In 1999, Laureau had the opportunity to rent a 5.5ha parcel in the Moulin
de Beaupréau from Madame De Vaulchier, after the previous occupant went
bankrupt. He added to his holdings in Savennières in 2007 renting a
quarter hectare in La Roche aux Moines and a further 1.3 hectares in ‘Chambourcier’,
a parcel on the plateau of Epiré bought from the Soulez family. Also in
2007, Damien left Frémur, purchasing the cellar erected by Emile Benon in
Epiré in 1994.
In 2010, he took over the vineyard of 'Le Clos des Petites Coulées' from
Danielle and Jean-Louis Robin.
Wine
Overview:
Laureau
makes two expressions of Savennières. Until now, both have come off the
same, single parcel. ‘Les Genêts’ is raised in fibre glass tanks for
18 months and has around one-third of the malolactic fermentation
completed, whilst ‘Le Bel Ouvrage’ is aged for one year in fibreglass
but also spends a further year in 300 and 500 litre barrels, some sourced
from Château d’Yquem. For the 2007 harvest, he conducted a detailed
experiment by separating out the two soil components for the two different
cuvées. Although passing through the vines two or three times is quite
normal in the appellation, selecting grapes based on the soil type offers
a different proposition. The lighter sandier cuvettes were selected for ‘Les Genêts’, whilst those vines on
the more serious clay and exposed schist were harvested for ‘Le Bel
Ouvrage’. The complexity of the exercise was compounded by there being
different picking dates for each of the two cuvées, with a second passage of botrytised berries being harvested for ‘Le Bel Ouvrage’.

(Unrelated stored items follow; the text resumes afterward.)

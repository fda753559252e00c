-- ===== src/Reconcile/Newest.antt =====
-- ORDER BY created_at DESC, id DESC over rows with different ids.
use pg_aggregator_back.Common.{
  ℕ, Bool, true, false, ◌||◌, List, [], ◌∷◌, ◌≡◌, refl, sym, ◌∙◌, arith, map, filter, elem, ◌==◌,
  Bool-cases, inl, inr, if◌then◌else◌,
}
use pg_aggregator_back.Payment.{Payment}
use pg_aggregator_back.Repository.Payments.{payment_key}
use pg_aggregator_back.Repository.Scans.{row_less, insert_newest, newest_first}

-- `x` comes after `y`.
abbrev pub older : Payment → Payment → Bool
older x y = row_less x.created_at x.id y.created_at y.id

abbrev pub leads : Payment → List Payment → Bool
leads x [] = true
leads x (y ∷ ys) = if older y x then leads x ys else false

abbrev pub ordered : List Payment → Bool
ordered [] = true
ordered (x ∷ xs) = if leads x xs then ordered xs else false

-- The primary key.
abbrev pub distinct_ids : List Payment → Bool
distinct_ids [] = true
distinct_ids (x ∷ xs) = if elem x.id (map payment_key xs) then false else distinct_ids xs

row_less_trans :
    (a i b j c k : ℕ) → row_less a i b j ≡ true → row_less b j c k ≡ true → row_less a i c k ≡ true
row_less_trans a i b j c k h h' = ground arith

pub row_less_asym : (a i b j : ℕ) → row_less a i b j ≡ true → row_less b j a i ≡ false
row_less_asym a i b j h = ground arith

row_less_total : (a i b j : ℕ) → row_less a i b j ≡ false → j == i ≡ false → row_less b j a i ≡ true
row_less_total a i b j h n = ground arith

pub row_less_irrefl : (a i : ℕ) → row_less a i a i ≡ false
row_less_irrefl a i = ground arith

pub leads-head :
    (x y : Payment) (ys : List Payment)
    → leads x (y ∷ ys) ≡ true
    → (older y x ≡ true) × (leads x ys ≡ true)
leads-head x y ys h = elim (Bool-cases (older y x)) [
  | inl t ↦ (t, rw t at h)
  | inr f ↦ absurd (cc (rw f at h))
]

pub ordered-head :
    (x : Payment) (xs : List Payment)
    → ordered (x ∷ xs) ≡ true
    → (leads x xs ≡ true) × (ordered xs ≡ true)
ordered-head x xs h = elim (Bool-cases (leads x xs)) [
  | inl t ↦ (t, rw t at h)
  | inr f ↦ absurd (cc (rw f at h))
]

pub distinct-head :
    (x : Payment) (xs : List Payment)
    → distinct_ids (x ∷ xs) ≡ true
    → (elem x.id (map payment_key xs) ≡ false) × (distinct_ids xs ≡ true)
distinct-head x xs h = elim (Bool-cases (elem x.id (map payment_key xs))) [
  | inl t ↦ absurd (cc (rw t at h))
  | inr f ↦ (f, rw f at h)
]

-- A key that is not among those of a list: not its head's, nor later.
absent-head :
    (k : ℕ) (y : Payment) (ys : List Payment)
    → elem k (map payment_key (y ∷ ys)) ≡ false
    → (y.id == k ≡ false) × (elem k (map payment_key ys) ≡ false)
absent-head k y ys h = elim (Bool-cases (y.id == k)) [
  | inl t ↦ absurd (cc (rw t at h))
  | inr f ↦ (f, rw f at h)
]

leads-older :
    (x y : Payment) (ys : List Payment) → older y x ≡ true → leads y ys ≡ true → leads x ys ≡ true
leads-older x y [] h l = refl
leads-older x y (z ∷ zs) h l =
    let (zy, rest) = leads-head y z zs l in
    let zx = row_less_trans z.created_at z.id y.created_at y.id x.created_at x.id zy h in
    rw (zx) (leads-older x y zs h rest)

leads-filter :
    (q : Payment → Bool) (x : Payment) (ys : List Payment)
    → leads x ys ≡ true
    → leads x (filter q ys) ≡ true
leads-filter q x [] l = refl
leads-filter q x (y ∷ ys) l =
    let (yx, rest) = leads-head x y ys l in
    elim (Bool-cases (q y)) [
      | inl t ↦ rw (t, yx) (leads-filter q x ys rest)
      | inr f ↦ rw (f) (leads-filter q x ys rest)
    ]

insert-leads : (x : Payment) (ys : List Payment) → leads x ys ≡ true → insert_newest x ys ≡ x ∷ ys
insert-leads x [] l = refl
insert-leads x (y ∷ ys) l =
    let (yx, rest) = leads-head x y ys l in
    let xy = row_less_asym y.created_at y.id x.created_at x.id yx in rw (xy) refl

-- A row that is not older than the head leads the list.
leads_or_older :
    (x y : Payment) (ys : List Payment)
    → ordered (y ∷ ys) ≡ true
    → elem x.id (map payment_key (y ∷ ys)) ≡ false
    → older x y ≡ false
    → leads x (y ∷ ys) ≡ true
leads_or_older x y ys o n f =
    let (yl, rest) = ordered-head y ys o in
    let (ne, m) = absent-head x.id y ys n in
    let yx = row_less_total x.created_at x.id y.created_at y.id f ne in
    rw (yx) (leads-older x y ys yx yl)

insert-elem :
    (k : ℕ) (x : Payment) (ys : List Payment)
    → elem k (map payment_key (insert_newest x ys)) ≡ (x.id == k || elem k (map payment_key ys))
insert-elem k x [] = refl
insert-elem k x (y ∷ ys) =
    let rest = insert-elem k x ys in
    elim (Bool-cases (older x y)) [ inl t ↦ rw (t, rest) ground arith | inr f ↦ rw (f) refl ]

newest_first-elem :
    (k : ℕ) (xs : List Payment)
    → elem k (map payment_key (newest_first xs)) ≡ elem k (map payment_key xs)
newest_first-elem k [] = refl
newest_first-elem k (x ∷ xs) =
    insert-elem k x (newest_first xs) ∙ (rw (newest_first-elem k xs) refl)

leads-insert :
    (y x : Payment) (ys : List Payment)
    → older x y ≡ true
    → leads y ys ≡ true
    → leads y (insert_newest x ys) ≡ true
leads-insert y x [] h l = rw (h) refl
leads-insert y x (z ∷ zs) h l =
    let (zy, rest) = leads-head y z zs l in
    elim (Bool-cases (older x z)) [
      | inl t ↦ rw (t, zy) (leads-insert y x zs h rest)
      | inr f ↦ rw (f, h, zy) rest
    ]

insert-ordered :
    (x : Payment) (ys : List Payment)
    → ordered ys ≡ true
    → elem x.id (map payment_key ys) ≡ false
    → ordered (insert_newest x ys) ≡ true
insert-ordered x [] o n = refl
insert-ordered x (y ∷ ys) o n = elim (Bool-cases (older x y)) [
  | inl t ↦
      let (l, rest) = ordered-head y ys o in
      let (ne, m) = absent-head x.id y ys n in
      rw (t, leads-insert y x ys t l) (insert-ordered x ys rest m)
  | inr f ↦ rw (f, leads_or_older x y ys o n f) o
]

pub newest_first-ordered :
    (xs : List Payment) → distinct_ids xs ≡ true → ordered (newest_first xs) ≡ true
newest_first-ordered [] d = refl
newest_first-ordered (x ∷ xs) d =
    let (n, rest) = distinct-head x xs d in
    insert-ordered x (newest_first xs) (newest_first-ordered xs rest)
      (newest_first-elem x.id xs ∙ n)

filter-insert :
    (q : Payment → Bool) (x : Payment) (ys : List Payment)
    → ordered ys ≡ true
    → elem x.id (map payment_key ys) ≡ false
    → filter q (insert_newest x ys) ≡ (if q x then insert_newest x (filter q ys) else filter q ys)
filter-insert q x [] o n = refl
filter-insert q x (y ∷ ys) o n = elim (Bool-cases (older x y)) [
  | inl t ↦
      let (l, rest) = ordered-head y ys o in
      let (ne, m) = absent-head x.id y ys n in
      let ih = filter-insert q x ys rest m in
      elim (Bool-cases (q x)) [
        | inl a ↦
            let ih_a = rw a at ih in
            elim (Bool-cases (q y)) [
              | inl b ↦ rw (t, b, a, t, ih_a) refl
              | inr b ↦ rw (t, b, a, ih_a) refl
            ]
        | inr a ↦
            let ih_a = rw a at ih in
            elim (Bool-cases (q y)) [
              | inl b ↦ rw (t, b, a, ih_a) refl
              | inr b ↦ rw (t, b, a, ih_a) refl
            ]
      ]
  | inr f ↦
      let l = leads_or_older x y ys o n f in
      let front = insert-leads x (filter q (y ∷ ys)) (leads-filter q x (y ∷ ys) l) in
      elim (Bool-cases (q x)) [ inl a ↦ rw (f, a) (sym front) | inr a ↦ rw (f, a) refl ]
]

-- The order of a selection is the selection of the order.
pub filter-newest_first :
    (q : Payment → Bool) (xs : List Payment)
    → distinct_ids xs ≡ true
    → filter q (newest_first xs) ≡ newest_first (filter q xs)
filter-newest_first q [] d = refl
filter-newest_first q (x ∷ xs) d =
    let (n, rest) = distinct-head x xs d in
    let here =
      filter-insert q x (newest_first xs) (newest_first-ordered xs rest)
        (newest_first-elem x.id xs ∙ n) in
    let ih = filter-newest_first q xs rest in
    elim (Bool-cases (q x)) [ inl a ↦ here ∙ (rw (a, ih) refl) | inr a ↦ here ∙ (rw (a, ih) refl) ]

Laureau says the experiment was not as complicated as it sounds, as it was
easy to determine the vines grown on clay by the premature yellowing
leaves. As regards the first crop off ‘Chambourcier’ and La Roche aux
Moines (the equivalent of one and a half barrels), these have both been
blended into ‘Le Bel Ouvrage’ for this first vintage.
The
Wines:
Despite
being self taught, the very friendly and likeable Damien Laureau has
clearly worked his apprenticeship here, and after ten years of being
active in Savennières is now carving out some of the appellations best
wines. Laureau is a grower to follow for
the future.
2008
‘Le Bel Ouvrage’
Polished yellow appearance. Complex nose, with some oak showing with some
positive high-toned character. Attractive and appealing. Rich on entry.
Authentic with excellent focus. Crisp and clean but with weight and
structure to match. Still youthful and a little unresolved. Needs time but
very promising. (02/11)
2007
‘Les Genêts’
15 year old vines. 17hl/ha. 14.3% alcohol. Soft, open and attractive
nose. Quite floral and a bit facile at this stage in its evolution.
Correct and approachable, if a little restrained. Good structure on entry.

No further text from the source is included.